ADSM-L

Re: 15,000,000 + files on one directory backup

2005-06-18 17:57:23
Subject: Re: 15,000,000 + files on one directory backup
From: Ted Byrne <ted.byrne AT ADELPHIA DOT NET>
To: ADSM-L AT VM.MARIST DOT EDU
Date: Sat, 18 Jun 2005 17:57:16 -0400
I would second Bill's addition of poorly-architected applications to
Richard's list of issues that should be (but are often not) addressed, or
even considered.  At another customer, we and the customer's sysadmins were
bedeviled by a weblog analysis application (which shall remain nameless)
that chose to store its data on the filesystem, using the date of the log
data as a directory under which the data was stored (as well as the
associated reports, I believe).  The explanation we were given was that
they had chosen to do this for application performance reasons; it was
apparently quicker that using a DBMS.

This decision, although it made random access of data quicker, had horrible
implications for backup as the log data and reports accumulated over time;
recovery was even worse.  Aggravating the situation was the insistence by
the "application owner" that ALL historical log data absolutely had to be
maintained in this inside-out database format.  Just getting a count of
files and directories on this drive (via selecting Properties from the
context menu) took something on the order of 9 hours to complete.  The
volume of data, in GB, was really not that large - something on the order
of 100 GB.  All of their problems managing the data stemmed entirely from
the large number of files and directories.

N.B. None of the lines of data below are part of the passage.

-- ===== src/Ladder/Ranking.antt =====
-- query-plan-override.ts: the order in which `uniquesForAtoms` lists the uniques of a plan's atoms.
use l4_ide.Prelude.{
  ℕ, Bool, true, not, ◌&&◌, List, [], ◌∷◌, ◌++◌, ◌≡◌, refl, sym, ap, ◌∙◌, arith, ◌==◌, ==_true,
  ==_refl, filter, Bool-cases, inl, inr,
}
use mathlib.Core.List.{append_assoc, append-nil}
use l4_ide.Robdd.{has, add}
use l4_ide.Robdd.Support.{has-append}
use l4_ide.Ladder.Override.{AtomLike, uniques_for_atom, add_all, collect_uniques}

-- The first of each number, in their order.
abbrev pub each_once : List ℕ → List ℕ
each_once [] = []
each_once (u ∷ us) = u ∷ filter (λ v. not (v == u)) (each_once us)

filter_both : (p q : ℕ → Bool) (xs : List ℕ) → filter p (filter q xs) ≡ filter (λ v. q v && p v) xs
filter_both p q [] = refl
filter_both p q (x ∷ xs) = elim (Bool-cases (q x)) [
  | inl e ↦ rw (e, filter_both p q xs) refl
  | inr e ↦ rw (e, filter_both p q xs) refl
]

filter_same : (p q : ℕ → Bool) (xs : List ℕ) → ((v : ℕ) → p v ≡ q v) → filter p xs ≡ filter q xs
filter_same p q [] h = refl
filter_same p q (x ∷ xs) h = rw (h x, filter_same p q xs h) refl

abbrev new_to : List ℕ → List ℕ → List ℕ
new_to out us = filter (λ v. not (has v out)) us

skip_old :
    (u : ℕ) (us out : List ℕ)
    → has u out ≡ true
    → new_to out (filter (λ v. not (v == u)) us) ≡ new_to out us
skip_old u us out h =
    filter_both (λ v. not (has v out)) (λ v. not (v == u)) us
    ∙ filter_same _ _ us (λ v. elim (Bool-cases (v == u)) [
      | inl e ↦ let same : v ≡ u = ==_true v u e in rw (same, h, ==_refl u) refl
      | inr e ↦ rw e refl
    ])

skip_new :
    (u : ℕ) (us out : List ℕ)
    → new_to out (filter (λ v. not (v == u)) us) ≡ new_to (out ++ (u ∷ [])) us
skip_new u us out =
    filter_both (λ v. not (has v out)) (λ v. not (v == u)) us
    ∙ filter_same _ _ us (λ v. let e = has-append v u out in ground (arith, e))

add_all_order :
    (by_id by_label : List ℕ → List ℕ) (us out : List ℕ)
    → add_all by_id by_label us out ≡ out ++ new_to out (each_once us)
unfolding add_all
add_all_order by_id by_label [] out = sym (append-nil out)
add_all_order by_id by_label (u ∷ us) out = elim (Bool-cases (has u out)) [
  | inl e ↦ rw e (
      add_all_order by_id by_label us out
      ∙ ap (λ (x : List ℕ). out ++ x) (sym (skip_old u (each_once us) out e)))
  | inr e ↦ rw e (
      add_all_order by_id by_label us (out ++ (u ∷ []))
      ∙ append_assoc out (u ∷ []) (new_to (out ++ (u ∷ [])) (each_once us))
      ∙ ap (λ (x : List ℕ). out ++ (u ∷ x)) (sym (skip_new u (each_once us) out)))
]

add_all-append :
    (by_id by_label : List ℕ → List ℕ) (us vs out : List ℕ)
    → add_all by_id by_label (us ++ vs) out
      ≡ add_all by_id by_label vs (add_all by_id by_label us out)
unfolding add_all
add_all-append by_id by_label [] vs out = refl
add_all-append by_id by_label (u ∷ us) vs out = add_all-append by_id by_label us vs (add u out)

module _ (by_id by_label : List ℕ → List ℕ) where
  -- The uniques of all the atoms, in the order of the atoms.
  abbrev pub all_uniques : List AtomLike → List ℕ
  all_uniques [] = []
  all_uniques (a ∷ atoms) = uniques_for_atom by_id by_label a ++ all_uniques atoms

  collected :
      (atoms : List AtomLike) (out : List ℕ)
      → collect_uniques by_id by_label atoms out ≡ add_all by_id by_label (all_uniques atoms) out
  unfolding collect_uniques add_all
  collected [] out = refl
  collected (a ∷ atoms) out =
      collected atoms (add_all by_id by_label (uniques_for_atom by_id by_label a) out)
      ∙ sym (
          add_all-append by_id by_label (uniques_for_atom by_id by_label a) (all_uniques atoms) out)

  filter_all : (xs : List ℕ) → new_to [] xs ≡ xs
  filter_all [] = refl
  filter_all (x ∷ xs) = ap (λ (ys : List ℕ). x ∷ ys) (filter_all xs)

  pub collect_uniques_order :
      (atoms : List AtomLike)
      → collect_uniques by_id by_label atoms [] ≡ each_once (all_uniques atoms)
  collect_uniques_order atoms =
      collected atoms []
      ∙ add_all_order by_id by_label (all_uniques atoms) []
      ∙ filter_all (each_once (all_uniques atoms))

When the time came to replace the server hardware and upgrade the
application, they had extreme difficulty migrating the historical data from
the old server to the new.  They did finally succeeded in copying the data
from the old server to the new, but it took days and days of
around-the-clock network traffic to complete.

Addressing the ramifications of this type of design decision after the fact
is difficult at best.  If at all possible, we need to prevent it from
occurring in the first place.

Ted